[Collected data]
[Start of Attachment]
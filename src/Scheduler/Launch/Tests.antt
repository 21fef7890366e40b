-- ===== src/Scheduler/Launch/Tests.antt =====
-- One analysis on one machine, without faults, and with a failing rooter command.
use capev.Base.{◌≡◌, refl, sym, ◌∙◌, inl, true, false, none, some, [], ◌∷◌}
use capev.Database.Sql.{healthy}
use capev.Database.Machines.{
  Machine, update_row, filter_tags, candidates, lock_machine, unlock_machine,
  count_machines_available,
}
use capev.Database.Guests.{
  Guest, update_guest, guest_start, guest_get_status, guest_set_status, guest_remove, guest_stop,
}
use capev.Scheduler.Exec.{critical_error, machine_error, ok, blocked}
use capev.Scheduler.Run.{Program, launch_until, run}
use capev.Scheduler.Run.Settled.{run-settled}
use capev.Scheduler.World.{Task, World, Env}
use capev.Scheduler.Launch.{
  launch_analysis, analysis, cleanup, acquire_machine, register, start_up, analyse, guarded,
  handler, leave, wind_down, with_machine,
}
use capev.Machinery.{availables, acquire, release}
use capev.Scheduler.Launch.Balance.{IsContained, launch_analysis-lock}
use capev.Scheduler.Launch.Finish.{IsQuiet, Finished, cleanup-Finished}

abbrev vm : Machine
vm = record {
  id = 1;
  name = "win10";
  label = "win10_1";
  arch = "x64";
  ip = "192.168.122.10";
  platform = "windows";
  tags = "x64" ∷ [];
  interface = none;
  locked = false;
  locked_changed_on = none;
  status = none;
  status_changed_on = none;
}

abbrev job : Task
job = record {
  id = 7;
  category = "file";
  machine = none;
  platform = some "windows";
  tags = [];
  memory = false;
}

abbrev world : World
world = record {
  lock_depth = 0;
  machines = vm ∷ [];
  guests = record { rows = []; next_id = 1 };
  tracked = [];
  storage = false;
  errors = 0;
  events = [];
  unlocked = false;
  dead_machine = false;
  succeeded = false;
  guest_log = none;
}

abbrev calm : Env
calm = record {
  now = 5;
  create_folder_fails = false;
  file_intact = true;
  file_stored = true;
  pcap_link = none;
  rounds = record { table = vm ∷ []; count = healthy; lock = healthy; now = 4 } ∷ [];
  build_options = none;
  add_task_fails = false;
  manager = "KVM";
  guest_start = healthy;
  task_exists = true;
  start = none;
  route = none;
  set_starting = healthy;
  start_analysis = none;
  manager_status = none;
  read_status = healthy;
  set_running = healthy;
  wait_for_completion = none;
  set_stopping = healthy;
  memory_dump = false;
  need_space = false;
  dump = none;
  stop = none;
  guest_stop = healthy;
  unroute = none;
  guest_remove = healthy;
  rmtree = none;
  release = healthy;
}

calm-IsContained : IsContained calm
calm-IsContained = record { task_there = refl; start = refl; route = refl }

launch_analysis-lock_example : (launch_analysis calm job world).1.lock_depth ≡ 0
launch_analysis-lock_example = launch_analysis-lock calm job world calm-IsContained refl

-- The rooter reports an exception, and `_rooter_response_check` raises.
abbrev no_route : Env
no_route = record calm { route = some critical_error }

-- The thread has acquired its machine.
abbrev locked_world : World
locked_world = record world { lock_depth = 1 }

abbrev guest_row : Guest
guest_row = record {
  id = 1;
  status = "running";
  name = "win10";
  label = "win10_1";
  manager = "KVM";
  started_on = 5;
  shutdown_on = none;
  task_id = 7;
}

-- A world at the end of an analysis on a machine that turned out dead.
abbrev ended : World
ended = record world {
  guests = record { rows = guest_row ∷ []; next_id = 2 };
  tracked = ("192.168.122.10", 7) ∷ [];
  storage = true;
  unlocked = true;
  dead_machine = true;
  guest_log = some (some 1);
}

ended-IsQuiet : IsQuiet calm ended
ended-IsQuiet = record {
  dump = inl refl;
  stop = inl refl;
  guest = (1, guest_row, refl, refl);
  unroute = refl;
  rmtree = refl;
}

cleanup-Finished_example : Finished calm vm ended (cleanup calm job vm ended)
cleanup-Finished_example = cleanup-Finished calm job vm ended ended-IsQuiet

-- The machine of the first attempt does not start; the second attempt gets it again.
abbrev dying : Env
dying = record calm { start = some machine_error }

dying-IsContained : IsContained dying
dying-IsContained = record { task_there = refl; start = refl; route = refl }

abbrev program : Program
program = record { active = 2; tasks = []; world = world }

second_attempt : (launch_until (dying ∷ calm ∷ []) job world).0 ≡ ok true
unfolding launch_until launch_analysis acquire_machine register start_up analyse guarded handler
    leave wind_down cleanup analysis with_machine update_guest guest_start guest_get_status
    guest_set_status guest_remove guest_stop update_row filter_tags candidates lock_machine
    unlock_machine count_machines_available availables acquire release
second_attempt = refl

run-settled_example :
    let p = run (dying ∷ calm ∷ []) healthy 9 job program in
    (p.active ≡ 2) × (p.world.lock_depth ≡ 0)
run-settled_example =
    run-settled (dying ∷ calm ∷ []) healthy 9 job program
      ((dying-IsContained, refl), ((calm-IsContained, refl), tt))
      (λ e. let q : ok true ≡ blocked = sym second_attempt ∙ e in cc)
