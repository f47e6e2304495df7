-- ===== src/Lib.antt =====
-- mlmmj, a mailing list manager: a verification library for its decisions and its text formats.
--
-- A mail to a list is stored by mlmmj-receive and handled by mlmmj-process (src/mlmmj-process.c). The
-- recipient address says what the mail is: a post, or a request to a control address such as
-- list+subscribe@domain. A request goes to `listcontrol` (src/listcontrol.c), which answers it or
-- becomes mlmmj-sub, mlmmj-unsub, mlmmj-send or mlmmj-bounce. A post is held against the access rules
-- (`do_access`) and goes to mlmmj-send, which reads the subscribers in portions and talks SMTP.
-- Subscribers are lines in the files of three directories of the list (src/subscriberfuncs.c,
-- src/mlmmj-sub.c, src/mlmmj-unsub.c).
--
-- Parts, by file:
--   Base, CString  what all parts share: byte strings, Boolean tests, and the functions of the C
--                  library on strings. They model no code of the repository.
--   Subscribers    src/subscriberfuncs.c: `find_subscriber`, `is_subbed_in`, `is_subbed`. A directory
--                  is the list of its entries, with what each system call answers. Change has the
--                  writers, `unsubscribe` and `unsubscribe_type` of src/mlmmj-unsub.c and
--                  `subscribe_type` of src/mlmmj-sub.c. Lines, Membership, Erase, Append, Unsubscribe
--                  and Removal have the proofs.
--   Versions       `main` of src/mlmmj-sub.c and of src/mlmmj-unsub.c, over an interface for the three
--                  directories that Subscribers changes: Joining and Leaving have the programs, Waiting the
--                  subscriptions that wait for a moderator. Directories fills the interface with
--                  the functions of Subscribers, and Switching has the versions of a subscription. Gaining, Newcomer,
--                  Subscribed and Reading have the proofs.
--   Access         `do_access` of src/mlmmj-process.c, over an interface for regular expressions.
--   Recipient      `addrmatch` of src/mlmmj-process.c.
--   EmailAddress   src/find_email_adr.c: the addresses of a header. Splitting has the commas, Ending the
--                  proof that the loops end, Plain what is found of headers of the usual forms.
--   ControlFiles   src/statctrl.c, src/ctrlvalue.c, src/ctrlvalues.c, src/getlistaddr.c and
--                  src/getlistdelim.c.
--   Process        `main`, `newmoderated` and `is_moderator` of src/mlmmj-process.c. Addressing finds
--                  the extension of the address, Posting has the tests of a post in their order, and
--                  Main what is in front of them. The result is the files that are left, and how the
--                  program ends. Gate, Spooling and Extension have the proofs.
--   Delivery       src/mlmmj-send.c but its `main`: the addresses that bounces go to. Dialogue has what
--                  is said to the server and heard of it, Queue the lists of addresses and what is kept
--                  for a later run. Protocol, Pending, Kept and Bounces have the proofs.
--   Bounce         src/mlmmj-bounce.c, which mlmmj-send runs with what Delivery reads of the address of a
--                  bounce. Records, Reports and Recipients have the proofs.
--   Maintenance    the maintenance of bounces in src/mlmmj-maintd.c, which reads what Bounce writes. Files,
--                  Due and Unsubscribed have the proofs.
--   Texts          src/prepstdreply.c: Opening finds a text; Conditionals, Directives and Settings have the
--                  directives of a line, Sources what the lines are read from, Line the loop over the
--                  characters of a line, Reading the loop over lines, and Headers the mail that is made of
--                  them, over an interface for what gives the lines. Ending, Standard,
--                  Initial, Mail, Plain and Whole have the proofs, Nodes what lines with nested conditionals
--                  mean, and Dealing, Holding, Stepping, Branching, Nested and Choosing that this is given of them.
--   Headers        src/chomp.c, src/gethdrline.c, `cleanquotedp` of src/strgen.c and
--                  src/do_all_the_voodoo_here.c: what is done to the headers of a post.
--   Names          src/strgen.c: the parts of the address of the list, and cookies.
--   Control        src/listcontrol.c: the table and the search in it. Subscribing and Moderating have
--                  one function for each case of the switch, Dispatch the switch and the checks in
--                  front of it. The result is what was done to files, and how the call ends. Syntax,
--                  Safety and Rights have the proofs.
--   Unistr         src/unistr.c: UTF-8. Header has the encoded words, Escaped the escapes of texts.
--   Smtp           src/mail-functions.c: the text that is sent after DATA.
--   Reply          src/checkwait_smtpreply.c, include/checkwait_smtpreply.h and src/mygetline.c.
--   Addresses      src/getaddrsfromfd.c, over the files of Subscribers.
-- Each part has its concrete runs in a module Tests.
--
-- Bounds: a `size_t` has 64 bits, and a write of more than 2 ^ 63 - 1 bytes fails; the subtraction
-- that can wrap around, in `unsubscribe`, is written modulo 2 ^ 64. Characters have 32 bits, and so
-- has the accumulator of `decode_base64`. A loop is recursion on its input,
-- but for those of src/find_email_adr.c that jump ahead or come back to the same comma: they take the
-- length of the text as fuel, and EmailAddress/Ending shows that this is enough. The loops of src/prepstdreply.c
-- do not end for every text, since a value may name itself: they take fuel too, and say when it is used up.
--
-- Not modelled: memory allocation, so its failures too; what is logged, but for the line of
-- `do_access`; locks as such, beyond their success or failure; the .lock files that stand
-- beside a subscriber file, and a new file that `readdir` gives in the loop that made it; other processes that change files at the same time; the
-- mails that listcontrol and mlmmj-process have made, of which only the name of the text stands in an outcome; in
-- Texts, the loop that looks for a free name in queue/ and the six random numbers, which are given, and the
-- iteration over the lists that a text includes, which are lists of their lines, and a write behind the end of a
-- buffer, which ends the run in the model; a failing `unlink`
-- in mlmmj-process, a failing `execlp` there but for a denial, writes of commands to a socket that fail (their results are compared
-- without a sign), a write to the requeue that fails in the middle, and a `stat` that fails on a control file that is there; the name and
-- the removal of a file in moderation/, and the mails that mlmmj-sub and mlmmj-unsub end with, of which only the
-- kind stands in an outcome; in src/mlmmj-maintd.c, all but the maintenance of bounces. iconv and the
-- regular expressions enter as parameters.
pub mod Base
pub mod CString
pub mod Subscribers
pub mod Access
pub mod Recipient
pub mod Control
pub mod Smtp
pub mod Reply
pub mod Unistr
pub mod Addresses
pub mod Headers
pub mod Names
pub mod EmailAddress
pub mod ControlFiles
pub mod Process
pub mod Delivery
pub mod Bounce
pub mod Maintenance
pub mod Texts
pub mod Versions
[End of Attachment]
• Work to complete
Look through the entries above and report each line where the string "proofs" occurs.

• Solution to this exercise
--                  and Removal have the proofs.
--                  Subscribed and Reading have the proofs.
--                  program ends. Gate, Spooling and Extension have the proofs.
--                  for a later run. Protocol, Pending, Kept and Bounces have the proofs.
--                  bounce. Records, Reports and Recipients have the proofs.
--                  Due and Unsubscribed have the proofs.
--                  Initial, Mail, Plain and Whole have the proofs, Nodes what lines with nested conditionals
--                  Safety and Rights have the proofs.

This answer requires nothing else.